--- DATA EXCERPTS Enclosed Below ---
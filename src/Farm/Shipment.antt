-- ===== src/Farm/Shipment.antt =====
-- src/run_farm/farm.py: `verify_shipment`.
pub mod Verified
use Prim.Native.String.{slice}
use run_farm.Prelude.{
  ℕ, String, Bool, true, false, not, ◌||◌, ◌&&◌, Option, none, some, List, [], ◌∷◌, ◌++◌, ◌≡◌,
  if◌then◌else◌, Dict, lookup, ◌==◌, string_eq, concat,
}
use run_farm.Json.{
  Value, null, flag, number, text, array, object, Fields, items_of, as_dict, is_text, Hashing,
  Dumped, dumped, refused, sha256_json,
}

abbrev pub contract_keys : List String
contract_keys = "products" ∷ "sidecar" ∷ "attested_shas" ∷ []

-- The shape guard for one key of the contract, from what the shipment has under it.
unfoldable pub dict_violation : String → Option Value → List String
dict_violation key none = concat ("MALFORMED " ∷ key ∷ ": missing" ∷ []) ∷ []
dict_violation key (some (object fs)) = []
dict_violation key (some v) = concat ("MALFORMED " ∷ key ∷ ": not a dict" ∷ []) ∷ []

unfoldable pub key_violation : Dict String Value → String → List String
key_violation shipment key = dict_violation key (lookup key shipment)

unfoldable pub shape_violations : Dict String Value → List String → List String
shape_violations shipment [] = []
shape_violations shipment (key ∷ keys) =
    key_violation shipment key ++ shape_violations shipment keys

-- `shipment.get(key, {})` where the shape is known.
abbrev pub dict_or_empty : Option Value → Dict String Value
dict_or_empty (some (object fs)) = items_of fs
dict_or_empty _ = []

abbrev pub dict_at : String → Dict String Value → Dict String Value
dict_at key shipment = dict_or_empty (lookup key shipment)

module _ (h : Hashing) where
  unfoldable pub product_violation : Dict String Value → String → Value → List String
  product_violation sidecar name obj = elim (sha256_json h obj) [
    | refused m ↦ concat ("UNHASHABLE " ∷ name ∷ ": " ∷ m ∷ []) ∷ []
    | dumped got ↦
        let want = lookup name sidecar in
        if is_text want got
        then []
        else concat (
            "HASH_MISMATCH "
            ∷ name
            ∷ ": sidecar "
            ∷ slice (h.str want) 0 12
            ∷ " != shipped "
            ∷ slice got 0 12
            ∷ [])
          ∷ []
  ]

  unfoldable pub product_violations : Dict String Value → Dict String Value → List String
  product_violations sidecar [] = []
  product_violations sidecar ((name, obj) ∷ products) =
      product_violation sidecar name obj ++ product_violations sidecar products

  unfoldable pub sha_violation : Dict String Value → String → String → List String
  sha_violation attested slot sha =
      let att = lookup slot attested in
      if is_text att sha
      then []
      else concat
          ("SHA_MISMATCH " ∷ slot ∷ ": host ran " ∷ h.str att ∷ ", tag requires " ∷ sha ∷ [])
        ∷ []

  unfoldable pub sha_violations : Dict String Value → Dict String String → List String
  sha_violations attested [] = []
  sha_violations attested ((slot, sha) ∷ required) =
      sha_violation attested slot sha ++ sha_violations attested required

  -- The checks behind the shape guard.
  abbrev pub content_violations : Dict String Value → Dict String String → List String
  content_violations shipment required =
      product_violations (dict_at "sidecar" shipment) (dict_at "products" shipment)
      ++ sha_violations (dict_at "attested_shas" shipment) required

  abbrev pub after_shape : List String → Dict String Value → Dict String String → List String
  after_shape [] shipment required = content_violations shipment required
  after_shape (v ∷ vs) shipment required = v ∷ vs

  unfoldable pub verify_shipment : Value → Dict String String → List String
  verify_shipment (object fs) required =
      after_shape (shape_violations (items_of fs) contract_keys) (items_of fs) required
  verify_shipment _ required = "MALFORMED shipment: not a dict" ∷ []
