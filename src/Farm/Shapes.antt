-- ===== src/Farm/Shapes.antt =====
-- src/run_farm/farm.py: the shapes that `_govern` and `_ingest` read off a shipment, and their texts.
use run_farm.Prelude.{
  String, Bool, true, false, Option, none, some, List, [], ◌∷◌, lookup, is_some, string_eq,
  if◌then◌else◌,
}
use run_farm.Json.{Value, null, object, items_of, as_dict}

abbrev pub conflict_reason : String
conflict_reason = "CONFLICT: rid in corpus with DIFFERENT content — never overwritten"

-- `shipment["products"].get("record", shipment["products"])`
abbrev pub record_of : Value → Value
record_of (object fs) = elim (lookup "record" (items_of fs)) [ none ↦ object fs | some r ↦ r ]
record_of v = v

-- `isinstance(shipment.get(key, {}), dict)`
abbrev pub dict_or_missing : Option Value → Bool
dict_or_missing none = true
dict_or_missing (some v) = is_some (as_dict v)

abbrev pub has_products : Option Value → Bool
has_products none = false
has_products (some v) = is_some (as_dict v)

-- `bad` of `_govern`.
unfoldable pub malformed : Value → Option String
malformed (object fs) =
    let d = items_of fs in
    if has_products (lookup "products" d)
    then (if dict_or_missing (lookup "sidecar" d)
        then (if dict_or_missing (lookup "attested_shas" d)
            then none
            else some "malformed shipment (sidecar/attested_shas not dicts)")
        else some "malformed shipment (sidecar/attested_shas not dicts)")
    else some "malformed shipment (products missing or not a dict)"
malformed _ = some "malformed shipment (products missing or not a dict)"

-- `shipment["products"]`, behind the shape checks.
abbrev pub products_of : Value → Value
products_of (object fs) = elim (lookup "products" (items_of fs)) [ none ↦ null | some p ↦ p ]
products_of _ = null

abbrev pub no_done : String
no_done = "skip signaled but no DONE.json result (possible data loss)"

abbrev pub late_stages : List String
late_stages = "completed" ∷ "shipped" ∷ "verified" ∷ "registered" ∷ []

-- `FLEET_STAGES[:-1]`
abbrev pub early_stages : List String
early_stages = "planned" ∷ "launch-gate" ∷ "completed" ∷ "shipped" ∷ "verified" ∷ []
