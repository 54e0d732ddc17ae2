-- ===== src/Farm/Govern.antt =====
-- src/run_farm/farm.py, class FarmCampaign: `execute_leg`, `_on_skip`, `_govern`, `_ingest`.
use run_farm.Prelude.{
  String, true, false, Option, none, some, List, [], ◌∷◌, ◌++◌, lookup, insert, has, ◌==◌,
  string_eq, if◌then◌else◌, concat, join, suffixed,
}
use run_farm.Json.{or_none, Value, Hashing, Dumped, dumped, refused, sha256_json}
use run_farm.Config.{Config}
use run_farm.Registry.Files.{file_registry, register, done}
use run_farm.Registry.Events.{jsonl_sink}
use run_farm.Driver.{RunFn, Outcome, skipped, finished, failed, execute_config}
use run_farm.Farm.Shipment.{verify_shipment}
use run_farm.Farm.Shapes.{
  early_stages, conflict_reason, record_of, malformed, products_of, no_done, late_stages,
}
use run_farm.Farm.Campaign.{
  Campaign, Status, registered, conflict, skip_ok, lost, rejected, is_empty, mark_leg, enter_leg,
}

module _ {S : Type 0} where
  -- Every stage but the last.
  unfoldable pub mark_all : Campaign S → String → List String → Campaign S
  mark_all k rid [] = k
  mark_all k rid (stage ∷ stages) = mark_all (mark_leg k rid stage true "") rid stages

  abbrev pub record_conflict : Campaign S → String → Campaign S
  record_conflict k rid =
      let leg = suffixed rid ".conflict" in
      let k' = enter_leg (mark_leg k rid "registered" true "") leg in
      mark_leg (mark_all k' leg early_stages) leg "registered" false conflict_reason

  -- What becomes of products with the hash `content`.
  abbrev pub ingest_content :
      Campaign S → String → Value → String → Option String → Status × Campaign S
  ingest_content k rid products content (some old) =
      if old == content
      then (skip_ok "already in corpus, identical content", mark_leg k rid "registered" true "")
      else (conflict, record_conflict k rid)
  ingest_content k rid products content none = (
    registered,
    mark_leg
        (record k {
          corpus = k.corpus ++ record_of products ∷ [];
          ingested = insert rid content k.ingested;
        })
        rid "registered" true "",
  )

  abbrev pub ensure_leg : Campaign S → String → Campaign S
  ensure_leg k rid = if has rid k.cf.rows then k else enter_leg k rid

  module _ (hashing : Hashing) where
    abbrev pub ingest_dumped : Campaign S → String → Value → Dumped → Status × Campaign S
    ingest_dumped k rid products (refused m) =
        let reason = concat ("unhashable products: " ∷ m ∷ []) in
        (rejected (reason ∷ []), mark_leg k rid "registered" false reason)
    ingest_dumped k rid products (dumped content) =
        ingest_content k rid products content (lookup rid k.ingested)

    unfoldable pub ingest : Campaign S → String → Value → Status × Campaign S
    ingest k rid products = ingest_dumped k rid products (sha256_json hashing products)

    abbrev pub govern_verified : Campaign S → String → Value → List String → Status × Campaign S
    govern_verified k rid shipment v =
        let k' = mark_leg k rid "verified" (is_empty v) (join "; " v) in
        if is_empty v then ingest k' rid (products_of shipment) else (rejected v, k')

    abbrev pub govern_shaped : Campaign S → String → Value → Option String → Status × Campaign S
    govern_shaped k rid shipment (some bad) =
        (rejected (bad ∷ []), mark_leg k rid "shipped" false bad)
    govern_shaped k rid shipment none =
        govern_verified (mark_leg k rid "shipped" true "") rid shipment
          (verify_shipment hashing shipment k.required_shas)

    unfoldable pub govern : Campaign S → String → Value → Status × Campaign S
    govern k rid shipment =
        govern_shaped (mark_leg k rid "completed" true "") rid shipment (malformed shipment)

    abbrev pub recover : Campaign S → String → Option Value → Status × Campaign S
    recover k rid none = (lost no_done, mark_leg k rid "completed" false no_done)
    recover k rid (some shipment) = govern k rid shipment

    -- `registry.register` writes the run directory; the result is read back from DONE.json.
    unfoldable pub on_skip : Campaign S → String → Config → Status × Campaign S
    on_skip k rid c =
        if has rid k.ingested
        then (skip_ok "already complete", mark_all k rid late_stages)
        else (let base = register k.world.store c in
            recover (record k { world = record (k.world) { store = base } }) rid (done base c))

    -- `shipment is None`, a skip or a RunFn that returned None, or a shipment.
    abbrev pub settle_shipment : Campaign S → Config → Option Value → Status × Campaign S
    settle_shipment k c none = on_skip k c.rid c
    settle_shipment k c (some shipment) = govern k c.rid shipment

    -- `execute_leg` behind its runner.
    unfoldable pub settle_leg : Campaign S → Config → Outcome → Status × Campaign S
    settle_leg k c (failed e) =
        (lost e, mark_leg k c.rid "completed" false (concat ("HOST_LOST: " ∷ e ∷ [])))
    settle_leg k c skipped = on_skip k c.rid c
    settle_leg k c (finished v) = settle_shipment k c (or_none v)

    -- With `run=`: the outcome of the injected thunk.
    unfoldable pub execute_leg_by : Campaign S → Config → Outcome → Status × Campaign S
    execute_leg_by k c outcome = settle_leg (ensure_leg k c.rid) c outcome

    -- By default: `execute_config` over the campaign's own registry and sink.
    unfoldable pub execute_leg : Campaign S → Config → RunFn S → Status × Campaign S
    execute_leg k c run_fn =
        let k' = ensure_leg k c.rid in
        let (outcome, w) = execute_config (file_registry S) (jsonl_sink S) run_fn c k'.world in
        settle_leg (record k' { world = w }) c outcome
--- End of Enclosed DATA EXCERPTS ---
--- DATA EXCERPTS Enclosed Below ---
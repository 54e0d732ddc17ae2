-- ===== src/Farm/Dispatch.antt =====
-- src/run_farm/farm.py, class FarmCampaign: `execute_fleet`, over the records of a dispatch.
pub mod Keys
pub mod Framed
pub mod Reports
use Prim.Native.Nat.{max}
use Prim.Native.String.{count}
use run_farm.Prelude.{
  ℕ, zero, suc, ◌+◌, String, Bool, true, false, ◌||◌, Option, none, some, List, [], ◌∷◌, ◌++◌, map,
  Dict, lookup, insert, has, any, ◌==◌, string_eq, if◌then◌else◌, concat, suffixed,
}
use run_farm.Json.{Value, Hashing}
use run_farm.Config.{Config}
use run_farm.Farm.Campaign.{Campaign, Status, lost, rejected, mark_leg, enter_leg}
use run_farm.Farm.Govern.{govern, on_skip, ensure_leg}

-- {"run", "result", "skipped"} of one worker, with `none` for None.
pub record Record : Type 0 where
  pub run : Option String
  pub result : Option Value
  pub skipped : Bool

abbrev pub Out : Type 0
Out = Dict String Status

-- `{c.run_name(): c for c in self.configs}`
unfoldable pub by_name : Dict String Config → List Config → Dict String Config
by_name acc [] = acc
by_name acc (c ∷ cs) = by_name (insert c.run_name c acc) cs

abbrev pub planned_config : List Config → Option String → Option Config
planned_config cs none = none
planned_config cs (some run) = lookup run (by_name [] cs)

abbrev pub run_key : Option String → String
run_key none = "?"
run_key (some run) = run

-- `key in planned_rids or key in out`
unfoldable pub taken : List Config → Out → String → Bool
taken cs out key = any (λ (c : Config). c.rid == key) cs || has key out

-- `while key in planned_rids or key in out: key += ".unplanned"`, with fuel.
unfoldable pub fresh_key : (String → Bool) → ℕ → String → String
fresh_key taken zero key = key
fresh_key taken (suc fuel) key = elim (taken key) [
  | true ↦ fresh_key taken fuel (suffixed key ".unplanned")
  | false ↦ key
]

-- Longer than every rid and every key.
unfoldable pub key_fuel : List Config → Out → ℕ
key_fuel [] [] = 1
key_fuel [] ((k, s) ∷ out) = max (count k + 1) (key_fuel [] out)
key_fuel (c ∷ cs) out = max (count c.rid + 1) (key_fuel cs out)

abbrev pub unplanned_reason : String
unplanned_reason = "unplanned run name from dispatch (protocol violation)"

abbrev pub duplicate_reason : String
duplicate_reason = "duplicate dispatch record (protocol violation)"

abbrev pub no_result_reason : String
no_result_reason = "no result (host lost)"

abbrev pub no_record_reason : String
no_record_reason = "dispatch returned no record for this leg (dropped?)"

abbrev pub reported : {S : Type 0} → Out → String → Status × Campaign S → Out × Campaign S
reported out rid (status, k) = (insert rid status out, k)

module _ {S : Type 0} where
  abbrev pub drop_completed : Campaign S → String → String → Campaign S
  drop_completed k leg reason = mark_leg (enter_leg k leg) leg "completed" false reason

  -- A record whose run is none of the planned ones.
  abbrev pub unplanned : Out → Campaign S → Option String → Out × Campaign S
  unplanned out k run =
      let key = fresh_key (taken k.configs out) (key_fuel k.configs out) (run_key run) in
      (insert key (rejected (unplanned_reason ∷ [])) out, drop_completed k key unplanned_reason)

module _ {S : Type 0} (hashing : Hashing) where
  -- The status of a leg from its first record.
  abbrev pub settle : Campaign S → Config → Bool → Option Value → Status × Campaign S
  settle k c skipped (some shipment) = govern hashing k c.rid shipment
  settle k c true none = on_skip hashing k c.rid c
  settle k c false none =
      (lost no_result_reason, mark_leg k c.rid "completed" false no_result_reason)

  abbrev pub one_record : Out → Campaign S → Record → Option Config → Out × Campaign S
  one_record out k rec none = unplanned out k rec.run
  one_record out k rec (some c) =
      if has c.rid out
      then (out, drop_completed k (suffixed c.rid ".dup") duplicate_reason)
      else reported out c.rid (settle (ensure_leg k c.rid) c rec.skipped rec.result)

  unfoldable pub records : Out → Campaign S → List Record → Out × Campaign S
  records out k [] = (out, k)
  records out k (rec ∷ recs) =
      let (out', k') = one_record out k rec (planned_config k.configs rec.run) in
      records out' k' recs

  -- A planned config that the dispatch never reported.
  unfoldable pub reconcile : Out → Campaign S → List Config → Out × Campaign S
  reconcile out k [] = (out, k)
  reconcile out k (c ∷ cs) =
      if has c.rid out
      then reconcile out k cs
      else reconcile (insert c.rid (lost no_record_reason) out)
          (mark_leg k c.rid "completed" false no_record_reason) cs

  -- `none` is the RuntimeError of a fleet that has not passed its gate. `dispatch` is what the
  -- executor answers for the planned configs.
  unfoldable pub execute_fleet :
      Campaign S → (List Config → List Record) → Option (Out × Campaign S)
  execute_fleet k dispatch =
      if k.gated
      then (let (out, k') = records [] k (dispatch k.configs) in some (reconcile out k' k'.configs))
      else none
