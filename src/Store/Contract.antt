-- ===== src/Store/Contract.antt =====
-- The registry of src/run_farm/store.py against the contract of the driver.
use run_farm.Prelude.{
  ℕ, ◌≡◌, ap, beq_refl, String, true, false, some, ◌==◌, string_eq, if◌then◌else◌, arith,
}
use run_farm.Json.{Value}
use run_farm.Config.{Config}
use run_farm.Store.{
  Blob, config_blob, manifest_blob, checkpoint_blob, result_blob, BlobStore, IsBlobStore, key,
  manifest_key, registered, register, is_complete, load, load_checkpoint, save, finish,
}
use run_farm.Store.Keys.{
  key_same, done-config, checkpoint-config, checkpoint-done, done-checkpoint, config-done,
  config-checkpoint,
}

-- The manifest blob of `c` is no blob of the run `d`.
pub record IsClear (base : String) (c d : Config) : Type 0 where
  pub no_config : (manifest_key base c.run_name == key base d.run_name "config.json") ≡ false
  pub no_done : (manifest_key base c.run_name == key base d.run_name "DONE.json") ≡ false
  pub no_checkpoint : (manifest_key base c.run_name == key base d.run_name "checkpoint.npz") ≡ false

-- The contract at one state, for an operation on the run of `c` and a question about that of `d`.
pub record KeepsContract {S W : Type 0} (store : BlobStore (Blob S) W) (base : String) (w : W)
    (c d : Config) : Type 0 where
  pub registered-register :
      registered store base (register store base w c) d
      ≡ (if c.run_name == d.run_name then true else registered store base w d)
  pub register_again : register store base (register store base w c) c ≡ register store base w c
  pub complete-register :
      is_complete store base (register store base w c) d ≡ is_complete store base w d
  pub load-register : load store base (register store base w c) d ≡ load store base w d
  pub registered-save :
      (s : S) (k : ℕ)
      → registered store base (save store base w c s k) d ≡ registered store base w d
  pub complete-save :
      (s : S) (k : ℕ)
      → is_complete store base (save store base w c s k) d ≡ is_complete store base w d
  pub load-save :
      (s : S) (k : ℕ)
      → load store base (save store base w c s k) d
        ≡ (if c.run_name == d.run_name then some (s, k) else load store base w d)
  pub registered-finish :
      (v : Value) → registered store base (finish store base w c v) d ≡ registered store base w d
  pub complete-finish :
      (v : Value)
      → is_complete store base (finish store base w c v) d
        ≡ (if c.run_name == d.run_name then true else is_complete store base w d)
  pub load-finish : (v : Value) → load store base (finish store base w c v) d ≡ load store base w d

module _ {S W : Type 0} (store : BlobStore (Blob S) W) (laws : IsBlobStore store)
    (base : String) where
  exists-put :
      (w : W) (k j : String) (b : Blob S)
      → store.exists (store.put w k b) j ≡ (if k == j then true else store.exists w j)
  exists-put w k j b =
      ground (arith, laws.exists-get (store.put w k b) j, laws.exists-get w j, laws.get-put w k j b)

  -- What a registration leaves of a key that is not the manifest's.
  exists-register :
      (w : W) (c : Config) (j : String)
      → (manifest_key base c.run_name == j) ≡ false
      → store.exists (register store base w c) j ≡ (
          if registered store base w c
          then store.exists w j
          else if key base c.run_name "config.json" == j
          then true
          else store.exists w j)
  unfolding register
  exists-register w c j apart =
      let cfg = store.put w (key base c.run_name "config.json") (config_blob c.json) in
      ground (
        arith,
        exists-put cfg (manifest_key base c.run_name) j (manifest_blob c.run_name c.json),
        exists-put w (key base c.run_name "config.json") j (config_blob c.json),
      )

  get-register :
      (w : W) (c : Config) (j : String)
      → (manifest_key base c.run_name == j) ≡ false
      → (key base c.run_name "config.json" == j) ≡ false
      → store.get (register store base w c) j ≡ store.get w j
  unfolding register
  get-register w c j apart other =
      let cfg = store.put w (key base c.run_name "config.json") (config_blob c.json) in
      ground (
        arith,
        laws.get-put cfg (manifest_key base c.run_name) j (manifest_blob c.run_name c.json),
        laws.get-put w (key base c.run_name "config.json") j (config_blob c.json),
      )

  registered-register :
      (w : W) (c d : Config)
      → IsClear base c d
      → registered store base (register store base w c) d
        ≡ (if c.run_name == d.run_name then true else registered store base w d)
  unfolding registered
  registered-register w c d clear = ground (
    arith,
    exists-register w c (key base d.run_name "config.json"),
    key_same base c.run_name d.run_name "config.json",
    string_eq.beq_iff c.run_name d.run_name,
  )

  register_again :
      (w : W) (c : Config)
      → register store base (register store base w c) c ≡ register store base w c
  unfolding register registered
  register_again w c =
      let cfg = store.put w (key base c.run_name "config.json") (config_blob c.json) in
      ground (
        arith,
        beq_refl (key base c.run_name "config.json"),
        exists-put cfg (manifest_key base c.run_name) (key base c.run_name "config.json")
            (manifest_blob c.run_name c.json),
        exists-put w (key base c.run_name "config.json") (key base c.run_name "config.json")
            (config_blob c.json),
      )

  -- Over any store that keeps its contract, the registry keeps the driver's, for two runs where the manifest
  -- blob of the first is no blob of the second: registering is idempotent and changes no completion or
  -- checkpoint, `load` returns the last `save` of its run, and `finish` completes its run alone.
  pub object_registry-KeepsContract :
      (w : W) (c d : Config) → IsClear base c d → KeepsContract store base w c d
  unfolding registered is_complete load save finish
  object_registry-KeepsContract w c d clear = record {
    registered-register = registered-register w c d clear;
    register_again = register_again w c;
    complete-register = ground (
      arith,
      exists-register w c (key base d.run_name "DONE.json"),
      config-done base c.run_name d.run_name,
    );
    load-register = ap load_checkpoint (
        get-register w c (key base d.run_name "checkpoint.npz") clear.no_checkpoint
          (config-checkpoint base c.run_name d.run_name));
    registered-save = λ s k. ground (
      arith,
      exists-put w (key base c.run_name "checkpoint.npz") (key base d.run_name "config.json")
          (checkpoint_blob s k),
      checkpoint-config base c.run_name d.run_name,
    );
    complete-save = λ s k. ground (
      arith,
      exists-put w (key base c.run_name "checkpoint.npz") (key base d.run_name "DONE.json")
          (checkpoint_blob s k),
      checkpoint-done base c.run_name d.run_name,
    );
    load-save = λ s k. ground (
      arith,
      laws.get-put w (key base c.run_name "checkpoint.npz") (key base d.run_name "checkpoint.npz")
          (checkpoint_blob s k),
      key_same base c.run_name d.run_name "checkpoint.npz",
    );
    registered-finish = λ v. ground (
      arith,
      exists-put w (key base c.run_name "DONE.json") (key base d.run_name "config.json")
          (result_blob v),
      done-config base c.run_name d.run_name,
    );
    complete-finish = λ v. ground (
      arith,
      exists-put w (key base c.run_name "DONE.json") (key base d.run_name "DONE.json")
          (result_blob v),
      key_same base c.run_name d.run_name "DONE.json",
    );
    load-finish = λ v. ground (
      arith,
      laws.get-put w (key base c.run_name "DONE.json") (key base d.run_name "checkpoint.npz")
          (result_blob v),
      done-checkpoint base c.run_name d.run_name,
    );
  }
--- End of Enclosed DATA EXCERPTS ---
YOUR TASK:
Wherever the word "skipped" shows up in the material, copy the line it is on.

ANSWER TO THIS TASK:
use run_farm.Driver.{RunFn, Outcome, skipped, finished, failed, execute_config}
    settle_leg k c skipped = on_skip k c.rid c
-- {"run", "result", "skipped"} of one worker, with `none` for None.
  pub skipped : Bool
  settle k c skipped (some shipment) = govern hashing k c.rid shipment
      else reported out c.rid (settle (ensure_leg k c.rid) c rec.skipped rec.result)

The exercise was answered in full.